=== Brief ===
Every line of the data must be set down exactly as shown.

Dataset entries START

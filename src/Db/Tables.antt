-- ===== src/Db/Tables.antt =====
-- A table as the list of its rows, read and written by the primary key `key`.
use pid_docs.Prelude.{
  ℕ, ◌≡◌, ◌≢◌, refl, ap, ◌∙◌, Option, none, some, List, [], ◌∷◌, arith, ◌==◌, if◌then◌else◌, length,
  All, Bool-cases, inl, inr,
}
use mathlib.Core.Option

module _ {ℓ} {A : Type ℓ} (key : A → ℕ) where
  -- `db.get(Model, k)`
  unfoldable pub get : ℕ → List A → Option A
  get k [] = none
  get k (x ∷ xs) = if key x == k then some x else get k xs

  -- `UPDATE ... SET f WHERE key = k`
  unfoldable pub update : ℕ → (A → A) → List A → List A
  update k f [] = []
  update k f (x ∷ xs) = (if key x == k then f x else x) ∷ update k f xs

  pub get-update_self :
      (k : ℕ) (f : A → A) (xs : List A)
      → ((a : A) → key (f a) ≡ key a)
      → get k (update k f xs) ≡ Option.map f (get k xs)
  unfolding get update
  get-update_self k f [] same = refl
  get-update_self k f (x ∷ xs) same = ground (arith, get-update_self k f xs same, same x)

  pub get-update_ne :
      (j k : ℕ) (f : A → A) (xs : List A)
      → ((a : A) → key (f a) ≡ key a)
      → j ≢ k
      → get j (update k f xs) ≡ get j xs
  unfolding get update
  get-update_ne j k f [] same ne = refl
  get-update_ne j k f (x ∷ xs) same ne = ground (arith, get-update_ne j k f xs same ne, same x)

  pub get-replace_ne :
      (j : ℕ) (a : A) (xs : List A) → j ≢ key a → get j (update (key a) (λ _. a) xs) ≡ get j xs
  unfolding get update
  get-replace_ne j a [] ne = refl
  get-replace_ne j a (x ∷ xs) ne = ground (arith, get-replace_ne j a xs ne)

  pub length-update : (k : ℕ) (f : A → A) (xs : List A) → length (update k f xs) ≡ length xs
  unfolding update
  length-update k f [] = refl
  length-update k f (x ∷ xs) = ground (arith, length-update k f xs)

  -- A row that is found has the key that was looked for.
  pub key-get : (k : ℕ) (xs : List A) (x : A) → get k xs ≡ some x → key x ≡ k
  unfolding get
  key-get k [] x e = ground arith
  key-get k (y ∷ xs) x e = ground (arith, key-get k xs x)

  -- It is found under its own key.
  pub get-key : (k : ℕ) (xs : List A) (x : A) → get k xs ≡ some x → get (key x) xs ≡ some x
  get-key k xs x e = ap (λ (j : ℕ). get j xs) (key-get k xs x e) ∙ e

  -- A second update by a function that changes nothing of the first one's result is no update.
  pub update-update :
      (k : ℕ) (f g : A → A) (xs : List A)
      → ((a : A) → key (f a) ≡ key a)
      → ((a : A) → g (f a) ≡ f a)
      → update k g (update k f xs) ≡ update k f xs
  unfolding update
  update-update k f g [] same idem = refl
  update-update k f g (x ∷ xs) same idem =
      ground (arith, update-update k f g xs same idem, same x, idem x)

module _ {ℓ κ} {A : Type ℓ} (P : A → Type κ) (key : A → ℕ) where
  pub All-update :
      (k : ℕ) (f : A → A) (xs : List A)
      → ((a : A) → P a → P (f a))
      → All P xs
      → All P (update key k f xs)
  unfolding update
  All-update k f [] keeps h = tt
  All-update k f (x ∷ xs) keeps h = elim (Bool-cases (key x == k)) [
    | inl e ↦ rw e (keeps x h.0, All-update k f xs keeps h.1)
    | inr e ↦ rw e (h.0, All-update k f xs keeps h.1)
  ]

  -- A row that is found satisfies what all rows do.
  pub All-get : (k : ℕ) (xs : List A) (x : A) → All P xs → get key k xs ≡ some x → P x
  unfolding get
  All-get k [] x h e = absurd (ground arith)
  All-get k (y ∷ xs) x h e = elim (Bool-cases (key y == k)) [
    | inl f ↦ let same : y ≡ x = ground arith in rw (← same) h.0
    | inr f ↦ All-get k xs x h.1 (ground arith)
  ]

Dataset entries END

=== Exercise response ===
filename src/Db/Tables.antt
-- ===== src/Db/Tables.antt =====
-- A table as the list of its rows, read and written by the primary key `key`.
use pid_docs.Prelude.{
  ℕ, ◌≡◌, ◌≢◌, refl, ap, ◌∙◌, Option, none, some, List, [], ◌∷◌, arith, ◌==◌, if◌then◌else◌, length,
  All, Bool-cases, inl, inr,
}
use mathlib.Core.Option

module _ {ℓ} {A : Type ℓ} (key : A → ℕ) where
  -- `db.get(Model, k)`
  unfoldable pub get : ℕ → List A → Option A
  get k [] = none
  get k (x ∷ xs) = if key x == k then some x else get k xs

  -- `UPDATE ... SET f WHERE key = k`
  unfoldable pub update : ℕ → (A → A) → List A → List A
  update k f [] = []
  update k f (x ∷ xs) = (if key x == k then f x else x) ∷ update k f xs

  pub get-update_self :
      (k : ℕ) (f : A → A) (xs : List A)
      → ((a : A) → key (f a) ≡ key a)
      → get k (update k f xs) ≡ Option.map f (get k xs)
  unfolding get update
  get-update_self k f [] same = refl
  get-update_self k f (x ∷ xs) same = ground (arith, get-update_self k f xs same, same x)

  pub get-update_ne :
      (j k : ℕ) (f : A → A) (xs : List A)
      → ((a : A) → key (f a) ≡ key a)
      → j ≢ k
      → get j (update k f xs) ≡ get j xs
  unfolding get update
  get-update_ne j k f [] same ne = refl
  get-update_ne j k f (x ∷ xs) same ne = ground (arith, get-update_ne j k f xs same ne, same x)

  pub get-replace_ne :
      (j : ℕ) (a : A) (xs : List A) → j ≢ key a → get j (update (key a) (λ _. a) xs) ≡ get j xs
  unfolding get update
  get-replace_ne j a [] ne = refl
  get-replace_ne j a (x ∷ xs) ne = ground (arith, get-replace_ne j a xs ne)

  pub length-update : (k : ℕ) (f : A → A) (xs : List A) → length (update k f xs) ≡ length xs
  unfolding update
  length-update k f [] = refl
  length-update k f (x ∷ xs) = ground (arith, length-update k f xs)

  -- A row that is found has the key that was looked for.
  pub key-get : (k : ℕ) (xs : List A) (x : A) → get k xs ≡ some x → key x ≡ k
  unfolding get
  key-get k [] x e = ground arith
  key-get k (y ∷ xs) x e = ground (arith, key-get k xs x)

  -- It is found under its own key.
  pub get-key : (k : ℕ) (xs : List A) (x : A) → get k xs ≡ some x → get (key x) xs ≡ some x
  get-key k xs x e = ap (λ (j : ℕ). get j xs) (key-get k xs x e) ∙ e

  -- A second update by a function that changes nothing of the first one's result is no update.
  pub update-update :
      (k : ℕ) (f g : A → A) (xs : List A)
      → ((a : A) → key (f a) ≡ key a)
      → ((a : A) → g (f a) ≡ f a)
      → update k g (update k f xs) ≡ update k f xs
  unfolding update
  update-update k f g [] same idem = refl
  update-update k f g (x ∷ xs) same idem =
      ground (arith, update-update k f g xs same idem, same x, idem x)

module _ {ℓ κ} {A : Type ℓ} (P : A → Type κ) (key : A → ℕ) where
  pub All-update :
      (k : ℕ) (f : A → A) (xs : List A)
      → ((a : A) → P a → P (f a))
      → All P xs
      → All P (update key k f xs)
  unfolding update
  All-update k f [] keeps h = tt
  All-update k f (x ∷ xs) keeps h = elim (Bool-cases (key x == k)) [
    | inl e ↦ rw e (keeps x h.0, All-update k f xs keeps h.1)
    | inr e ↦ rw e (h.0, All-update k f xs keeps h.1)
  ]

  -- A row that is found satisfies what all rows do.
  pub All-get : (k : ℕ) (xs : List A) (x : A) → All P xs → get key k xs ≡ some x → P x
  unfolding get
  All-get k [] x h e = absurd (ground arith)
  All-get k (y ∷ xs) x h e = elim (Bool-cases (key y == k)) [
    | inl f ↦ let same : y ≡ x = ground arith in rw (← same) h.0
    | inr f ↦ All-get k xs x h.1 (ground arith)
  ]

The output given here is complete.